INFORMATION
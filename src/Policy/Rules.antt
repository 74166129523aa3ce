-- ===== src/Policy/Rules.antt =====
-- bothy/policy.py: the data of a decision, and `identify` and `evaluate`.
use bothy.Common.{
  ℕ, zero, suc, ◌-◌, String, str_append, Bool, true, false, Option, none, some, List, [], ◌∷◌, ◌&&◌,
  map, if◌then◌else◌, str_eq, leb, value_or,
}
use bothy.Dict.{Dict}
use bothy.Json.{
  Json, get, text, nothing, truth, number, list, dict, no_elements, element, no_members, member,
}
use bothy.Audit.Log.{Line, junk, foreign, entry, Body}

pub data Verdict : Type 0 where
  proceed deny guide confirm : Verdict

pub data Status : Type 0 where
  fine refused awaiting_human : Status

-- `unless_approved_within` in microseconds
pub record ApprovalRule : Type 0 where
  pub server : String
  pub tool : String
  pub verdict : Verdict
  pub reason : String
  pub unless_approved_within : Option ℕ

-- no log handed over, one that cannot be read, or one with these lines
pub data AuditView : Type 0 where
  absent unreadable : AuditView
  readable : List Line → AuditView

pub record Facts : Type 0 where
  pub rules : List ApprovalRule
  pub mcp_ask : Dict (List String)
  pub audit : AuditView
  pub now : ℕ

pub record ApprovalDecision : Type 0 where
  pub verdict : Verdict
  pub reason : String
  pub rule : String
  pub status : Status
  pub method : String
  pub server : String
  pub tool : String
  pub gated : Bool

-- What the code takes from Python: `in` on strings, the regular expression for a quoted tool name,
-- `str` of a value that is no string, an age in whole seconds as text, and the instant, in
-- microseconds, that a time stamp with a zone names.
pub record Python : Type 0 where
  pub contains : String → String → Bool
  pub quoted_tool : String → Option String
  pub shown : Json → String
  pub seconds : ℕ → String
  pub instant : String → Option ℕ

abbrev pub hosted_method : String
hosted_method = "item/tool/call"

abbrev pub elicitation : String
elicitation = "mcpServer/elicitation/request"

abbrev pub permissions : String
permissions = "item/permissions/requestApproval"

abbrev pub label : String → String → String
label server tool = str_append server (str_append "." tool)

abbrev pub get_or_nothing : Json → String → Json
get_or_nothing v k = value_or (get v k) nothing

-- the first non-empty string of one container under the keys
unfoldable pub first_text : List String → Json → String
first_text [] c = ""
first_text (k ∷ ks) c =
    let rest = first_text ks c in
    elim (get c k) [ some (text s) ↦ if str_eq s "" then rest else s | _ ↦ rest ]

unfoldable pub dig : List String → List Json → String
dig keys [] = ""
dig keys (c ∷ cs) =
    let rest = dig keys cs in let here = first_text keys c in if str_eq here "" then rest else here

unfoldable pub is_text : Option Json → String → Bool
is_text (some (text s)) t = str_eq s t
is_text _ t = false

unfoldable pub mcp_tool_approval : Json → Bool
mcp_tool_approval params =
    is_text (get (get_or_nothing params "_meta") "codex_approval_kind") "mcp_tool_call"

abbrev pub nests : Json → List Json
nests params =
    params
    ∷ map (get_or_nothing params)
        ("item" ∷ "invocation" ∷ "call" ∷ "toolCall" ∷ "request" ∷ "_meta" ∷ [])

-- str(value or "")
unfoldable pub str_or_empty : (Json → String) → Json → String
str_or_empty shown (text s) = s
str_or_empty shown nothing = ""
str_or_empty shown (truth false) = ""
str_or_empty shown (truth true) = shown (truth true)
str_or_empty shown (number zero) = ""
str_or_empty shown (number (suc n)) = shown (number (suc n))
str_or_empty shown (list no_elements) = ""
str_or_empty shown (list (element v vs)) = shown (list (element v vs))
str_or_empty shown (dict no_members) = ""
str_or_empty shown (dict (member k v ms)) = shown (dict (member k v ms))

unfoldable pub hosted_tool : Python → Json → String
hosted_tool py params = str_or_empty py.shown (get_or_nothing params "tool")

unfoldable pub elicited_tool : Python → Json → String
elicited_tool py params =
    let named = dig ("tool_name" ∷ "tool_title" ∷ []) (get_or_nothing params "_meta" ∷ []) in
    let quoted : String = elim (get params "message") [
      | some (text s) ↦ value_or (py.quoted_tool s) ""
      | _ ↦ ""
    ] in
    if str_eq named "" then quoted else named

unfoldable pub identify : Python → String → Json → String × String
identify py method params =
    if str_eq method hosted_method
    then ("bothy", hosted_tool py params)
    else if str_eq method elicitation
    then (
      dig ("serverName" ∷ []) (params ∷ []),
      if mcp_tool_approval params then elicited_tool py params else "",
    )
    else (
      dig ("server" ∷ "serverName" ∷ "server_name" ∷ "mcpServer" ∷ "mcp_server" ∷ [])
          (nests params),
      dig ("tool" ∷ "toolName" ∷ "tool_name" ∷ []) (nests params),
    )

unfoldable pub is_approval : String → String → Body → Bool
is_approval server tool b =
    str_eq b.kind "interrupt"
    && (str_eq b.action "answered"
        && (is_text (get b.data_field "decision") "approve"
            && (is_text (get b.data_field "server") server
                && is_text (get b.data_field "tool") tool)))

-- how long ago a record was written, unless it is dated in the future or names no instant
unfoldable pub age : Python → ℕ → Body → Option ℕ
age py now b = elim (py.instant b.ts) [
  | none ↦ none
  | some at ↦ if leb at now then some (now - at) else none
]

-- one turn of the loop of `_human_approved_age`
unfoldable pub newer : Python → String → String → ℕ → Option ℕ → Line → Option ℕ
newer py server tool now newest (entry r) =
    if is_approval server tool r.body
    then elim (age py now r.body) [ some a ↦ some a | none ↦ newest ]
    else newest
newer py server tool now newest junk = newest
newer py server tool now newest foreign = newest

unfoldable pub approved_age : Python → String → String → ℕ → Option ℕ → List Line → Option ℕ
approved_age py server tool now newest [] = newest
approved_age py server tool now newest (l ∷ ls) =
    approved_age py server tool now (newer py server tool now newest l) ls

unfoldable pub find_rule : List ApprovalRule → String → String → Option ApprovalRule
find_rule [] server tool = none
find_rule (r ∷ rs) server tool =
    let rest = find_rule rs server tool in
    if str_eq r.server server && str_eq r.tool tool then some r else rest

-- `next(…) if tool else None`
unfoldable pub rule_for : Facts → String → String → Option ApprovalRule
rule_for facts server tool =
    let found = find_rule facts.rules server tool in if str_eq tool "" then none else found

EXERCISE AIM
Create a word-for-word copy of the whole listing.

EXERCISE SOLUTION
filename src/Policy/Rules.antt
repository 74166129523aa3ce
-- ===== src/Policy/Rules.antt =====
-- bothy/policy.py: the data of a decision, and `identify` and `evaluate`.
use bothy.Common.{
  ℕ, zero, suc, ◌-◌, String, str_append, Bool, true, false, Option, none, some, List, [], ◌∷◌, ◌&&◌,
  map, if◌then◌else◌, str_eq, leb, value_or,
}
use bothy.Dict.{Dict}
use bothy.Json.{
  Json, get, text, nothing, truth, number, list, dict, no_elements, element, no_members, member,
}
use bothy.Audit.Log.{Line, junk, foreign, entry, Body}

pub data Verdict : Type 0 where
  proceed deny guide confirm : Verdict

pub data Status : Type 0 where
  fine refused awaiting_human : Status

-- `unless_approved_within` in microseconds
pub record ApprovalRule : Type 0 where
  pub server : String
  pub tool : String
  pub verdict : Verdict
  pub reason : String
  pub unless_approved_within : Option ℕ

-- no log handed over, one that cannot be read, or one with these lines
pub data AuditView : Type 0 where
  absent unreadable : AuditView
  readable : List Line → AuditView

pub record Facts : Type 0 where
  pub rules : List ApprovalRule
  pub mcp_ask : Dict (List String)
  pub audit : AuditView
  pub now : ℕ

pub record ApprovalDecision : Type 0 where
  pub verdict : Verdict
  pub reason : String
  pub rule : String
  pub status : Status
  pub method : String
  pub server : String
  pub tool : String
  pub gated : Bool

-- What the code takes from Python: `in` on strings, the regular expression for a quoted tool name,
-- `str` of a value that is no string, an age in whole seconds as text, and the instant, in
-- microseconds, that a time stamp with a zone names.
pub record Python : Type 0 where
  pub contains : String → String → Bool
  pub quoted_tool : String → Option String
  pub shown : Json → String
  pub seconds : ℕ → String
  pub instant : String → Option ℕ

abbrev pub hosted_method : String
hosted_method = "item/tool/call"

abbrev pub elicitation : String
elicitation = "mcpServer/elicitation/request"

abbrev pub permissions : String
permissions = "item/permissions/requestApproval"

abbrev pub label : String → String → String
label server tool = str_append server (str_append "." tool)

abbrev pub get_or_nothing : Json → String → Json
get_or_nothing v k = value_or (get v k) nothing

-- the first non-empty string of one container under the keys
unfoldable pub first_text : List String → Json → String
first_text [] c = ""
first_text (k ∷ ks) c =
    let rest = first_text ks c in
    elim (get c k) [ some (text s) ↦ if str_eq s "" then rest else s | _ ↦ rest ]

unfoldable pub dig : List String → List Json → String
dig keys [] = ""
dig keys (c ∷ cs) =
    let rest = dig keys cs in let here = first_text keys c in if str_eq here "" then rest else here

unfoldable pub is_text : Option Json → String → Bool
is_text (some (text s)) t = str_eq s t
is_text _ t = false

unfoldable pub mcp_tool_approval : Json → Bool
mcp_tool_approval params =
    is_text (get (get_or_nothing params "_meta") "codex_approval_kind") "mcp_tool_call"

abbrev pub nests : Json → List Json
nests params =
    params
    ∷ map (get_or_nothing params)
        ("item" ∷ "invocation" ∷ "call" ∷ "toolCall" ∷ "request" ∷ "_meta" ∷ [])

-- str(value or "")
unfoldable pub str_or_empty : (Json → String) → Json → String
str_or_empty shown (text s) = s
str_or_empty shown nothing = ""
str_or_empty shown (truth false) = ""
str_or_empty shown (truth true) = shown (truth true)
str_or_empty shown (number zero) = ""
str_or_empty shown (number (suc n)) = shown (number (suc n))
str_or_empty shown (list no_elements) = ""
str_or_empty shown (list (element v vs)) = shown (list (element v vs))
str_or_empty shown (dict no_members) = ""
str_or_empty shown (dict (member k v ms)) = shown (dict (member k v ms))

unfoldable pub hosted_tool : Python → Json → String
hosted_tool py params = str_or_empty py.shown (get_or_nothing params "tool")

unfoldable pub elicited_tool : Python → Json → String
elicited_tool py params =
    let named = dig ("tool_name" ∷ "tool_title" ∷ []) (get_or_nothing params "_meta" ∷ []) in
    let quoted : String = elim (get params "message") [
      | some (text s) ↦ value_or (py.quoted_tool s) ""
      | _ ↦ ""
    ] in
    if str_eq named "" then quoted else named

unfoldable pub identify : Python → String → Json → String × String
identify py method params =
    if str_eq method hosted_method
    then ("bothy", hosted_tool py params)
    else if str_eq method elicitation
    then (
      dig ("serverName" ∷ []) (params ∷ []),
      if mcp_tool_approval params then elicited_tool py params else "",
    )
    else (
      dig ("server" ∷ "serverName" ∷ "server_name" ∷ "mcpServer" ∷ "mcp_server" ∷ [])
          (nests params),
      dig ("tool" ∷ "toolName" ∷ "tool_name" ∷ []) (nests params),
    )

unfoldable pub is_approval : String → String → Body → Bool
is_approval server tool b =
    str_eq b.kind "interrupt"
    && (str_eq b.action "answered"
        && (is_text (get b.data_field "decision") "approve"
            && (is_text (get b.data_field "server") server
                && is_text (get b.data_field "tool") tool)))

-- how long ago a record was written, unless it is dated in the future or names no instant
unfoldable pub age : Python → ℕ → Body → Option ℕ
age py now b = elim (py.instant b.ts) [
  | none ↦ none
  | some at ↦ if leb at now then some (now - at) else none
]

-- one turn of the loop of `_human_approved_age`
unfoldable pub newer : Python → String → String → ℕ → Option ℕ → Line → Option ℕ
newer py server tool now newest (entry r) =
    if is_approval server tool r.body
    then elim (age py now r.body) [ some a ↦ some a | none ↦ newest ]
    else newest
newer py server tool now newest junk = newest
newer py server tool now newest foreign = newest

unfoldable pub approved_age : Python → String → String → ℕ → Option ℕ → List Line → Option ℕ
approved_age py server tool now newest [] = newest
approved_age py server tool now newest (l ∷ ls) =
    approved_age py server tool now (newer py server tool now newest l) ls

unfoldable pub find_rule : List ApprovalRule → String → String → Option ApprovalRule
find_rule [] server tool = none
find_rule (r ∷ rs) server tool =
    let rest = find_rule rs server tool in
    if str_eq r.server server && str_eq r.tool tool then some r else rest

-- `next(…) if tool else None`
unfoldable pub rule_for : Facts → String → String → Option ApprovalRule
rule_for facts server tool =
    let found = find_rule facts.rules server tool in if str_eq tool "" then none else found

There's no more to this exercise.